The main reason Moonpool was started in the first place is that I like to reinvent the wheel I didn't like the concept of Domain pools. In OCaml 5, domains are heavy threads that are pretty scarce (if you create too many of them, you get an error, or at best you get massive slowdowns at every GC run). It's been emphasized that the user should never create more than n domains, where n is the number of cores on the system (more specifically, Domain.recommended_domain_count(), which is generally the same number). This means you can really only have one domain pool at a time if you want it to be able to exploit the full abilities of the CPU.

The announce for Moonpool 0.1 has an overview of the workaround I used in Moonpool. In my work project, which runs on OCaml 5.1, I make extensive use of Moonpool with multiple thread pools (typically a compute pool with one thread per core, and one or more IO pools to handle HTTP queries or RPC queries). It works like a charm.
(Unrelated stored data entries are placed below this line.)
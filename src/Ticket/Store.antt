-- ===== src/Ticket/Store.antt =====
-- internal/repository/postgres/ticket_repo.go over the tables service_tickets and
-- service_ticket_notes. `Env` is what stands outside the code: which call the database refuses, the
-- number that its sequence gives, random ids, the clock, and the text functions of Go (`TrimSpace`,
-- `ToUpper`, `len`, `uuid.Parse`).
use bca_mobile_api.Common.{
  ℕ, String, Bool, true, false, ◌&&◌, ◌||◌, Option, none, some, List, [], ◌∷◌, ◌==◌, str_eq, leb,
  ltb, if◌then◌else◌, Cause, Result, ok, err, wrapped,
}
use bca_mobile_api.Ticket.Data.{
  Status, opened, in_progress, resolved, closed, Category, kartu, transaksi, akun, buka_rekening,
  aplikasi, lainnya, Note, Ticket, Cursor, ListFilter,
}

pub data Call : Type 0 where
  insert_ticket find_ticket list_tickets update_ticket insert_note touch_ticket list_notes : Call

pub record Env : Type 0 where
  pub fault : Call → Option Cause
  pub new_id : ℕ
  pub new_number : String
  pub status_time : ℕ
  pub now : ℕ
  pub touch_time : ℕ
  pub trim_space : String → String
  pub to_upper : String → String
  pub byte_length : String → ℕ
  pub parse_uuid : String → Option ℕ

pub record NoteRow : Type 0 where
  pub ticket_id : ℕ
  pub note : Note

pub record Store : Type 0 where
  pub tickets : List Ticket
  pub notes : List NoteRow

unfoldable pub call : Env → Call → String → Result (Unit {0})
call env c prefix = elim (env.fault c) [ none ↦ ok tt | some x ↦ err (wrapped prefix x) ]

-- `WHERE ticket_number = $1`
unfoldable pub find_number : String → List Ticket → Option Ticket
find_number number [] = none
find_number number (t ∷ ts) =
    if str_eq t.ticket_number number then some t else find_number number ts

-- The columns that `Update` writes.
abbrev pub set_columns : Ticket → Ticket → Ticket
set_columns t u = record u {
  status = t.status;
  priority = t.priority;
  category = t.category;
  assigned_to_agent = t.assigned_to_agent;
  resolved_at = t.resolved_at;
  closed_at = t.closed_at;
  updated_at = t.updated_at;
}

-- `UPDATE service_tickets SET … WHERE id = $1`
unfoldable pub update_row : Ticket → List Ticket → List Ticket
update_row t [] = []
update_row t (u ∷ us) = (if u.id == t.id then set_columns t u else u) ∷ update_row t us

-- `tag.RowsAffected() != 0`
unfoldable pub has_row : ℕ → List Ticket → Bool
has_row i [] = false
has_row i (u ∷ us) = u.id == i || has_row i us

-- `UPDATE service_tickets SET updated_at = $2 WHERE id = $1`
unfoldable pub touch : ℕ → ℕ → List Ticket → List Ticket
touch i time [] = []
touch i time (u ∷ us) = (if u.id == i then record u { updated_at = time } else u) ∷ touch i time us

-- `ORDER BY created_at ASC`
unfoldable pub insert_oldest : Note → List Note → List Note
insert_oldest n [] = n ∷ []
insert_oldest n (m ∷ ms) =
    if leb n.created_at m.created_at then n ∷ m ∷ ms else m ∷ insert_oldest n ms

unfoldable pub notes_of : ℕ → List NoteRow → List Note
unfolding insert_oldest
notes_of i [] = []
notes_of i (r ∷ rs) =
    let rest = notes_of i rs in if r.ticket_id == i then insert_oldest r.note rest else rest

abbrev pub status_code : Status → ℕ
status_code opened = 0
status_code in_progress = 1
status_code resolved = 2
status_code closed = 3

abbrev pub category_code : Category → ℕ
category_code kartu = 0
category_code transaksi = 1
category_code akun = 2
category_code buka_rekening = 3
category_code aplikasi = 4
category_code lainnya = 5

abbrev pub status_passes : Option Status → Ticket → Bool
status_passes none t = true
status_passes (some s) t = status_code t.status == status_code s

abbrev pub category_passes : Option Category → Ticket → Bool
category_passes none t = true
category_passes (some c) t = category_code t.category == category_code c

abbrev pub assignee_passes : String → Ticket → Bool
assignee_passes agent t = str_eq agent "" || str_eq t.assigned_to_agent agent

abbrev pub owner_is : Option ℕ → ℕ → Bool
owner_is none user = false
owner_is (some i) user = i == user

abbrev pub user_passes : Option ℕ → Ticket → Bool
user_passes none t = true
user_passes (some i) t = owner_is t.user_id i

-- `(created_at, id) < (?, ?)`
abbrev pub before : ℕ → ℕ → Ticket → Bool
before time i t = ltb t.created_at time || (t.created_at == time && ltb t.id i)

abbrev pub cursor_passes : Option Cursor → Ticket → Bool
cursor_passes none t = true
cursor_passes (some c) t = before c.created_at c.id t

abbrev pub passes : ListFilter → Ticket → Bool
passes f t =
    status_passes f.status t
    && category_passes f.category t
    && assignee_passes f.assigned_to t
    && user_passes f.user_id t
    && cursor_passes f.cursor t

-- `ORDER BY created_at DESC, id DESC`
unfoldable pub insert_newest : Ticket → List Ticket → List Ticket
insert_newest t [] = t ∷ []
insert_newest t (u ∷ us) = if before t.created_at t.id u then t ∷ u ∷ us else u ∷ insert_newest t us

-- The rows that pass the filter, the newest first.
unfoldable pub select_tickets : ListFilter → List Ticket → List Ticket
unfolding insert_newest
select_tickets f [] = []
select_tickets f (t ∷ ts) =
    let rest = select_tickets f ts in if passes f t then insert_newest t rest else rest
Another aspect is that (parts of) Moonpool works just fine on OCaml 4.xx. It can be used as a IO thread pool there without problem (just also without parallelism). My hope is that this helps projects transition to OCaml 5 progressively, using abstractions that work in both the old and new world.
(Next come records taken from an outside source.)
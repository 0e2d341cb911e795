-- ===== src/Ticket/Service.antt =====
-- internal/domain/ticket/service.go. `create` and
-- `update` write once, so that a failure leaves the tables as they were.
use bca_mobile_api.Common.{
  ℕ, ◌+◌, String, Bool, not, ◌||◌, Option, none, some, List, [], ◌∷◌, str_eq, leb, ltb, take,
  length, if◌then◌else◌, Result, ok, err, ◌>>=◌, ◌>>◌, refuse, validation_error, not_found,
  ticket_invalid_transition, wrapped, Cause,
}
use bca_mobile_api.Ticket.Data.{
  Status, opened, in_progress, resolved, closed, parse_status, parse_priority, parse_category,
  valid_transition, Note, Ticket, CreateRequest, UpdateRequest, Cursor, ListFilter,
}
use bca_mobile_api.Ticket.Store.{
  Env, Store, NoteRow, call, insert_ticket, find_ticket, list_tickets, update_ticket, insert_note,
  touch_ticket, list_notes, find_number, update_row, has_row, touch, notes_of, select_tickets,
}

abbrev pub max_subject_len : ℕ
max_subject_len = 200

abbrev pub max_text_len : ℕ
max_text_len = 10000

abbrev pub default_limit : ℕ
default_limit = 20

abbrev pub max_limit : ℕ
max_limit = 100

-- A value of an enum that must be one of its texts.
abbrev pub require {ℓ} : {A : Type ℓ} → Option A → Result A
require none = err validation_error
require (some x) = ok x

unfoldable pub read_user : Env → String → Result (Option ℕ)
read_user env raw =
    if str_eq raw "" then ok none else require (env.parse_uuid raw) >>= λ i. ok (some i)

abbrev pub or_default : String → String → String
or_default s d = if str_eq s "" then d else s

unfoldable pub create : Env → CreateRequest → String → Store → Result (Ticket × Store)
unfolding call read_user parse_category parse_priority
create env req agent store = do
  let subject = env.trim_space req.subject
  refuse (str_eq subject "" || ltb max_subject_len (env.byte_length subject)) validation_error
  let description = env.trim_space req.description
  refuse (ltb max_text_len (env.byte_length description)) validation_error
  category ←
      require (parse_category (or_default (env.to_upper (env.trim_space req.category)) "LAINNYA"))
  priority ←
      require (parse_priority (or_default (env.to_upper (env.trim_space req.priority)) "NORMAL"))
  user ← read_user env (env.trim_space req.user_id)
  call env insert_ticket "insert ticket"
  let t : Ticket = record {
    id = env.new_id;
    ticket_number = env.new_number;
    user_id = user;
    session_id = env.trim_space req.session_id;
    category = category;
    priority = priority;
    status = opened;
    subject = subject;
    description = description;
    created_by_agent = agent;
    assigned_to_agent = "";
    resolved_at = none;
    closed_at = none;
    created_at = env.now;
    updated_at = env.now;
    notes = [];
  }
  ok (t, record store { tickets = t ∷ store.tickets })

abbrev pub found : Option Ticket → Result Ticket
found none = err not_found
found (some t) = ok t

unfoldable pub find : Env → String → Store → Result Ticket
unfolding call
find env raw store = do
  let number = env.trim_space raw
  refuse (str_eq number "") validation_error
  call env find_ticket "scan ticket"
  found (find_number number store.tickets)

unfoldable pub get : Env → String → Store → Result Ticket
unfolding find call
get env number store = do
  t ← find env number store
  call env list_notes "list ticket notes"
  ok (record t { notes = notes_of t.id store.notes })

-- `if x == nil { x = &now }`
abbrev pub or_now : Option ℕ → ℕ → Option ℕ
or_now none now = some now
or_now (some time) now = some time

unfoldable pub apply_status : ℕ → Status → Ticket → Ticket
apply_status now resolved t = record t {
  resolved_at = or_now t.resolved_at now;
  closed_at = none;
  status = resolved;
}
apply_status now closed t = record t {
  resolved_at = or_now t.resolved_at now;
  closed_at = or_now t.closed_at now;
  status = closed;
}
apply_status now opened t = record t { resolved_at = none; closed_at = none; status = opened }
apply_status now in_progress t = record t {
  resolved_at = none;
  closed_at = none;
  status = in_progress;
}

unfoldable pub set_priority : Env → Option String → Ticket → Result Ticket
unfolding parse_priority
set_priority env none t = ok t
set_priority env (some s) t = require (parse_priority (env.to_upper (env.trim_space s))) >>= λ p.
    ok (record t { priority = p })

unfoldable pub set_category : Env → Option String → Ticket → Result Ticket
unfolding parse_category
set_category env none t = ok t
set_category env (some s) t = require (parse_category (env.to_upper (env.trim_space s))) >>= λ c.
    ok (record t { category = c })

unfoldable pub set_assignee : Env → Option String → Ticket → Ticket
set_assignee env none t = t
set_assignee env (some s) t = record t { assigned_to_agent = env.trim_space s }

unfoldable pub set_status : Env → Option String → Ticket → Result Ticket
unfolding parse_status valid_transition apply_status
set_status env none t = ok t
set_status env (some s) t = do
  next ← require (parse_status (env.to_upper (env.trim_space s)))
  refuse (not (valid_transition t.status next)) ticket_invalid_transition
  ok (apply_status env.status_time next t)

unfoldable pub update : Env → String → UpdateRequest → Store → Result (Ticket × Store)
unfolding find set_priority set_category set_assignee set_status call
update env number req store = do
  t ← find env number store
  t₁ ← set_priority env req.priority t
  t₂ ← set_category env req.category t₁
  t₃ ← set_status env req.status (set_assignee env req.assigned_to_agent t₂)
  call env update_ticket "update ticket"
  let t₄ = record t₃ { updated_at = env.now }
  refuse (not (has_row t₄.id store.tickets)) (wrapped "ticket not found" Cause.failed)
  ok (t₄, record store { tickets = update_row t₄ store.tickets })

-- The checks of `AddNote`, and the note that it writes with the ticket's id.
unfoldable pub read_note : Env → String → String → String → Store → Result NoteRow
unfolding find
read_note env number raw agent store = do
  let body = env.trim_space raw
  refuse (str_eq body "" || ltb max_text_len (env.byte_length body)) validation_error
  t ← find env number store
  ok (record {
    ticket_id = t.id;
    note = record { id = env.new_id; author = agent; body = body; created_at = env.now };
  })

-- Two statements outside any transaction: the note stays if the second one fails.
unfoldable pub insert_and_touch : Env → NoteRow → Store → Result Note × Store
unfolding call
insert_and_touch env row store =
    let noted = record store { notes = row ∷ store.notes } in
    elim (call env insert_note "insert ticket note") [
      | err e ↦ (err e, store)
      | ok _ ↦ elim (call env touch_ticket "touch ticket after note") [
        | err e ↦ (err e, noted)
        | ok _ ↦ (
          ok row.note,
          record noted { tickets = touch row.ticket_id env.touch_time store.tickets },
        )
      ]
    ]

unfoldable pub add_note : Env → String → String → String → Store → Result Note × Store
unfolding read_note insert_and_touch
add_note env number raw agent store = elim (read_note env number raw agent store) [
  | err e ↦ (err e, store)
  | ok row ↦ insert_and_touch env row store
]

-- The limit of a request, as the service bounds it.
abbrev pub bound_limit : ℕ → ℕ
bound_limit limit =
    let given = if leb limit 0 then default_limit else limit in
    if ltb max_limit given then max_limit else given

abbrev pub last_cursor : List Ticket → Option Cursor
last_cursor [] = none
last_cursor (t ∷ []) = some (record { created_at = t.created_at; id = t.id })
last_cursor (t ∷ u ∷ us) = last_cursor (u ∷ us)

pub record Page : Type 0 where
  pub rows : List Ticket
  pub has_more : Bool
  pub next : Option Cursor

unfoldable pub list : Env → ListFilter → Store → Result Page
unfolding call select_tickets
list env filter store = do
  let limit = bound_limit filter.limit
  call env list_tickets "list tickets"
  let rows = take (limit + 1) (select_tickets filter store.tickets)
  let has_more = ltb limit (length rows)
  let kept = if has_more then take limit rows else rows
  ok (record {
    rows = kept;
    has_more = has_more;
    next = if has_more then last_cursor kept else none;
  })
Comparison with other libraries

  • Eio: Eio is a generalist concurrency library (like tokio for Rust) that provides structured concurrency, fibers, and a schedulers coupled to some event loop. It also has a lot of new abstractions and its own concurrency library. Eio is OCaml 5-only and is, imho, fairly opinionated (especially when it comes to the choice of using capabilities to allow or forbid operations1).

    I'd say Moonpool is more compute-oriented, and less effect-and-IO-oriented. While I'm working on (basic) integration with non-blocking IOs in Moonpool, it's not been the main focus. The easiest way to do IOs remains blocking IOs.

  • Miou: Miou is a clean, generalist concurrency library with an emphasis on fairness between fibers. It also rejects capabilities and tries to be more minimalistic and less opinionated than Eio.

    Moonpool is also more compute oriented than Miou, and not as suitable for server-style software where the event loop is the foundation of most of the code. However I think Moonpool and Miou could work together fairly well (Miou does the IO and coordination work, and heavy computations such as hashing or (de)serializing large values can be delegated to a Moonpool runner).

  • Domainslib: Domainslib is a domain pool with an await primitive and some fork-join style combinators.

    I'd say Domainslib is more specialized than Moonpool. You can't really have multiple independent pools in Domainslib, and it's really oriented towards running a big computation in parallel. In contrast, Moonpool has decent fork-join primitives (on OCaml 5), but can also be used to mix concurrent tasks that perform IOs with other tasks that do computations. I might be subjective but I think Moonpool is more generally useful for larger programs that do many different things.

  • Parany and the likes: These libraries manage sub-processes and use Marshal under the hood to dispatch tasks to them. They work on OCaml 4 (where subprocesses were the only way to get actual parallelism).

    On OCaml 5, I think Moonpool is a lot more flexible than these (which was the whole point of OCaml 5 — enable single-process parallelism!). Tasks can be finer grained, scheduled on the go, have intricate dependencies2, share data structures (lock-free or locked, both are useful), and have no serialization overhead.

1

I don't think capabilities are a good idea in a language not built around them, and other people have been complaining about how cumbersome they can make Eio. In any case it's objectively an opinionated library with a very wide scope.

2

You could say that parallelism in Moonpool is monadic, since futures are. But generally speaking I'd just say that tasks can depend on other tasks, start new ones, etc. in a dynamically discovered way.